The standalone mode can only work with the graph data with one partition

I’m trying to perform distributed training on an instance with 8GPUs. I have a graph with 8.5M nodes and 1.2B edges. I created 8 partitions

dgl.distributed.partition_graph(graph, 'graph_partition', 8, 'partitions/')

When I try to load the partitoned graph into memory, I get the following error

>>> g = dgl.distributed.DistGraph('graph_partition', part_config='partitions/graph_partition.json')
Traceback (most recent call last):
  File "<stdin>", line 1, in <module>
  File "/home/ubuntu/anaconda3/envs/tensorflow2_p36/lib/python3.6/site-packages/dgl/distributed/dist_graph.py", line 390, in __init__
    'The standalone mode can only work with the graph data with one partition'
AssertionError: The standalone mode can only work with the graph data with one partition

Is distributed training supported for single instance with multiple GPUs?

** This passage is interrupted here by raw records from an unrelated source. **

-- ===== src/Str/Bm/First.antt =====
-- The search of src/str/bm.c against the search that tries every offset.
use nebase.Base.{
  ℕ, zero, suc, ◌+◌, ◌-◌, ◌≤◌, ◌<◌, ◌==◌, ltb, leb, ◌≡◌, refl, arith, Bool, true, false, ◌&&◌, ◌⊎◌,
  inl, inr, if◌then◌else◌, Option, none, some, ap, ap₂, sym, subst, ◌∙◌, Bool-cases,
}
use nebase.Str.Bm.{
  Bytes, BmCtx, max_shift, pre_bm_gs, pre_bm_bc, scan, search_loop, ctx_create, ctx_search,
  bm_search,
}
use nebase.Str.Bm.Shifts.{IsGood}
use nebase.Str.Bm.GoodSuffix.{pre_bm_gs_lem}
use nebase.Str.Bm.BadChar.{pre_bm_bc_lem}

-- Whether the first `k` bytes of the pattern are those of the text at an offset.
abbrev pub matches_at : Bytes → Bytes → ℕ → ℕ → Bool
matches_at p t j zero = true
matches_at p t j (suc k) = p k == t (k + j) && matches_at p t j k

-- The first of `n` offsets from `j` at which the pattern is in the text.
abbrev pub first_match : Bytes → ℕ → Bytes → ℕ → ℕ → Option ℕ
first_match p pl t zero j = none
first_match p pl t (suc n) j =
    let rest = first_match p pl t n (j + 1) in if matches_at p t j pl then some j else rest

matches_lem : (p t : Bytes) (j k n : ℕ) → matches_at p t j k ≡ true → n < k → p n ≡ t (n + j)
matches_lem p t j zero n h lt = absurd (omega arith)
matches_lem p t j (suc k) n h lt = elim (Bool-cases (n == k)) [
  | inl same ↦ let e : k ≡ n = ground arith in subst (λ n. p n ≡ t (n + j)) e (ground arith)
  | inr apart ↦ matches_lem p t j k n (ground arith) (ground arith)
]

-- Where the bytes differ at `i` and are the same behind it.
record IsMismatch (p t : Bytes) (j k i : ℕ) : Type 0 where
  inside : i < k
  differs : (p i == t (i + j)) ≡ false
  same : (n : ℕ) → i < n → n < k → p n ≡ t (n + j)

scan_lem :
    (p t : Bytes) (j k : ℕ)
    → ((scan p t j k ≡ 0) × (matches_at p t j k ≡ true))
      ⊎ ((i : ℕ) × (scan p t j k ≡ suc i) × IsMismatch p t j k i)
unfolding scan
scan_lem p t j zero = inl (refl, refl)
scan_lem p t j (suc k) = elim (Bool-cases (p k == t (k + j))) [
  | inr gone ↦ inr (
    k,
    rw gone refl,
    record { inside = omega arith; differs = gone; same = λ n above below. absurd (omega arith) },
  )
  | inl here ↦ elim (scan_lem p t j k) [
    | inl (e, all) ↦ inl (rw here e, rw here all)
    | inr (i, e, w) ↦ inr (
      i,
      rw here e,
      record {
        inside = omega (arith, w.inside);
        differs = w.differs;
        same = λ n above below. elim (Bool-cases (n == k)) [
          | inl last ↦
              let at : k ≡ n = ground arith in subst (λ n. p n ≡ t (n + j)) at (ground arith)
          | inr other ↦ w.same n above (ground arith)
        ];
      },
    )
  ]
]

-- A match behind a mismatch is a good shift away.
match-IsGood :
    (p t : Bytes) (pl j i d : ℕ)
    → IsMismatch p t j pl i
    → matches_at p t (j + d) pl ≡ true
    → IsGood p pl i d
match-IsGood p t pl j i d w m =
    let meets : (k : ℕ) → d ≤ k → k < pl → p (k - d) ≡ t (k + j) =
      λ k le lt. matches_lem p t (j + d) pl (k - d) m (omega arith) ∙ ap t (omega arith) in
    record {
      same = λ k above below le. meets k le below ∙ sym (w.same k above below);
      differs = λ le. ground (arith, meets i le w.inside, w.differs);
    }

char_shift :
    (p t : Bytes) (pl j i d : ℕ)
    → IsMismatch p t j pl i
    → 0 < d
    → matches_at p t (j + d) pl ≡ true
    → pre_bm_bc p pl (t (i + j)) + 1 + i - pl ≤ d
char_shift p t pl j i d w some_shift m =
    let (bound, seen) = pre_bm_bc_lem p pl (t (i + j)) in
    elim (Bool-cases (ltb i d)) [
      | inl out ↦ ground (arith, bound)
      | inr within ↦
          let le : d ≤ i = ground arith in
          let meets : p (i - d) ≡ t (i + j) =
            matches_lem p t (j + d) pl (i - d) m (omega (arith, w.inside)) ∙ ap t (omega arith) in
          let small = seen (i - d) (omega (arith, w.inside)) meets in omega (arith, small, w.inside)
    ]

skip_lem :
    (p : Bytes) (pl : ℕ) (t : Bytes) (n j s : ℕ)
    → ((d : ℕ) → d < s → matches_at p t (j + d) pl ≡ false)
    → first_match p pl t n j ≡ first_match p pl t (n - s) (j + s)
skip_lem p pl t n j zero h = ap₂ (first_match p pl t) (omega arith) (omega arith)
skip_lem p pl t zero j (suc s) h = let empty : 0 - suc s ≡ 0 = omega arith in rw empty refl
skip_lem p pl t (suc n) j (suc s) h =
    let here : matches_at p t j pl ≡ false =
      subst (λ k. matches_at p t k pl ≡ false) (omega arith) (h 0 (omega arith)) in
    let rest =
      skip_lem p pl t n (j + 1) s (λ d lt.
        subst (λ k. matches_at p t k pl ≡ false) (omega arith) (h (suc d) (omega arith))) in
    rw here (rest ∙ ap₂ (first_match p pl t) (omega arith) (omega arith))

-- The shift after a mismatch is positive and passes no match.
shift_lem :
    (p t : Bytes) (pl j i : ℕ)
    → IsMismatch p t j pl i
    → let s = max_shift (pre_bm_gs p pl i) (pre_bm_bc p pl (t (i + j)) + 1 + i - pl) in
      (0 < s) × ((d : ℕ) → d < s → matches_at p t (j + d) pl ≡ false)
shift_lem p t pl j i w =
    let gs = pre_bm_gs p pl i in
    let bc = pre_bm_bc p pl (t (i + j)) + 1 + i - pl in
    let (positive, _, good) = pre_bm_gs_lem p pl i w.inside in
    (
      max_positive gs bc positive,
      λ d lt. elim (Bool-cases (matches_at p t (j + d) pl)) [
        | inr none_here ↦ none_here
        | inl m ↦ elim (Bool-cases (d == 0)) [
          | inl same ↦
              let e : j + d ≡ j = ground arith in
              let at =
                matches_lem p t j pl i (subst (λ k. matches_at p t k pl ≡ true) e m) w.inside in
              absurd (ground (arith, at, w.differs))
          | inr away ↦
              let some_shift : 0 < d = ground arith in
              let a = good d some_shift (match-IsGood p t pl j i d w m) in
              let b = char_shift p t pl j i d w some_shift m in absurd (too_far gs bc d a b lt)
        ]
      ],
    )
  where
    max_positive : (a b : ℕ) → 0 < a → 0 < max_shift a b
    max_positive a b h = ground arith

    too_far : (a b d : ℕ) → a ≤ d → b ≤ d → d < max_shift a b → ⊥
    too_far a b d h k lt = ground arith

search_loop_more :
    (fuel : ℕ) (c : BmCtx) (t : Bytes) (tl j i : ℕ)
    → leb (j + c.pattern_len) tl ≡ true
    → scan c.pattern t j c.pattern_len ≡ suc i
    → search_loop (suc fuel) c t tl j
      ≡ search_loop fuel c t tl
          (j + max_shift (c.bm_gs i) (c.bm_bc (t (i + j)) + 1 + i - c.pattern_len))
unfolding search_loop
search_loop_more fuel c t tl j i fits e = rw (search_loop, fits, e) refl

search_loop_hit :
    (fuel : ℕ) (c : BmCtx) (t : Bytes) (tl j : ℕ)
    → leb (j + c.pattern_len) tl ≡ true
    → scan c.pattern t j c.pattern_len ≡ 0
    → search_loop (suc fuel) c t tl j ≡ some (some j)
unfolding search_loop
search_loop_hit fuel c t tl j fits e = rw (search_loop, fits, e) refl

search_loop_lem :
    (fuel : ℕ) (p : Bytes) (pl : ℕ) (t : Bytes) (tl j n : ℕ)
    → n ≡ tl + 1 - pl - j
    → n < fuel
    → search_loop fuel (ctx_create p pl) t tl j ≡ some (first_match p pl t n j)
unfolding search_loop ctx_create
search_loop_lem zero p pl t tl j n e lt = absurd (omega arith)
search_loop_lem (suc fuel) p pl t tl j zero e lt =
    let past : leb (j + pl) tl ≡ false = ground arith in rw (search_loop, past) refl
search_loop_lem (suc fuel) p pl t tl j (suc n) e lt =
    let c = ctx_create p pl in
    let fits : leb (j + pl) tl ≡ true = ground arith in
    elim (scan_lem p t j pl) [
      | inl (hit, all) ↦ search_loop_hit fuel c t tl j fits hit ∙ rw all refl
      | inr (i, miss, w) ↦
          let s = max_shift (pre_bm_gs p pl i) (pre_bm_bc p pl (t (i + j)) + 1 + i - pl) in
          let (positive, passes) = shift_lem p t pl j i w in
          search_loop_more fuel c t tl j i fits miss
          ∙ (search_loop_lem fuel p pl t tl (j + s) (suc n - s) (omega arith) (omega arith)
              ∙ ap some (sym (skip_lem p pl t (suc n) j s passes)))
    ]

bm_search_ctx :
    (fuel : ℕ) (p : Bytes) (pl : ℕ) (t : Bytes) (tl : ℕ)
    → bm_search fuel p pl t tl ≡ ctx_search fuel (ctx_create p pl) t tl
unfolding bm_search ctx_search ctx_create
bm_search_ctx fuel p pl t tl = refl

ctx_search_lem :
    (fuel : ℕ) (p : Bytes) (pl : ℕ) (t : Bytes) (tl : ℕ)
    → tl + 1 < fuel
    → ctx_search fuel (ctx_create p pl) t tl ≡ some (first_match p pl t (tl + 1 - pl) 0)
unfolding ctx_search ctx_create
ctx_search_lem fuel p pl t tl enough = elim (Bool-cases (ltb tl pl)) [
  | inl short ↦ let empty : tl + 1 - pl ≡ 0 = ground arith in rw (ctx_search, short, empty) refl
  | inr long ↦
      rw (ctx_search, long)
        (search_loop_lem fuel p pl t tl 0 (tl + 1 - pl) (omega arith) (omega arith))
]

-- For a pattern that is not empty, and with a round for each offset and one more, the search that
-- prepares its tables and the search with a prepared context both return the first offset at which
-- the text has the pattern, or NULL where it has none, as a search of every offset does.
pub bm_search-first_match :
    (fuel : ℕ) (p : Bytes) (pl : ℕ) (t : Bytes) (tl : ℕ)
    → 0 < pl
    → tl + 1 < fuel
    → (bm_search fuel p pl t tl ≡ some (first_match p pl t (tl + 1 - pl) 0))
      × (ctx_search fuel (ctx_create p pl) t tl ≡ some (first_match p pl t (tl + 1 - pl) 0))
bm_search-first_match fuel p pl t tl some_byte enough =
    let found = ctx_search_lem fuel p pl t tl enough in
    (bm_search_ctx fuel p pl t tl ∙ found, found)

Please follow https://github.com/dmlc/dgl/blob/master/examples/pytorch/graphsage/train_sampling_multi_gpu.py when you are running on single machine with multi-gpu. Standalone mode is mainly for debugging usage.

This example doesn’t deal with DistDataLoader. I’m getting out of memory issues when training using dgl.dataloading.EdgeDataLoader on a graph with 8M nodes and 1.2B edges. My machine has 480GB.
I’m wondering if I can levearge partition graph to train in distributed fashion.But looks like it is not supported in single machine(multiple GPUs). Is that the case?

Partition won’t help in this case since you always need to load the whole graph in the memory. Which code are you following for multi GPU training?
Are you OOM on cpu memory or gpu memory?

This topic was automatically closed 30 days after the last reply. New replies are no longer allowed.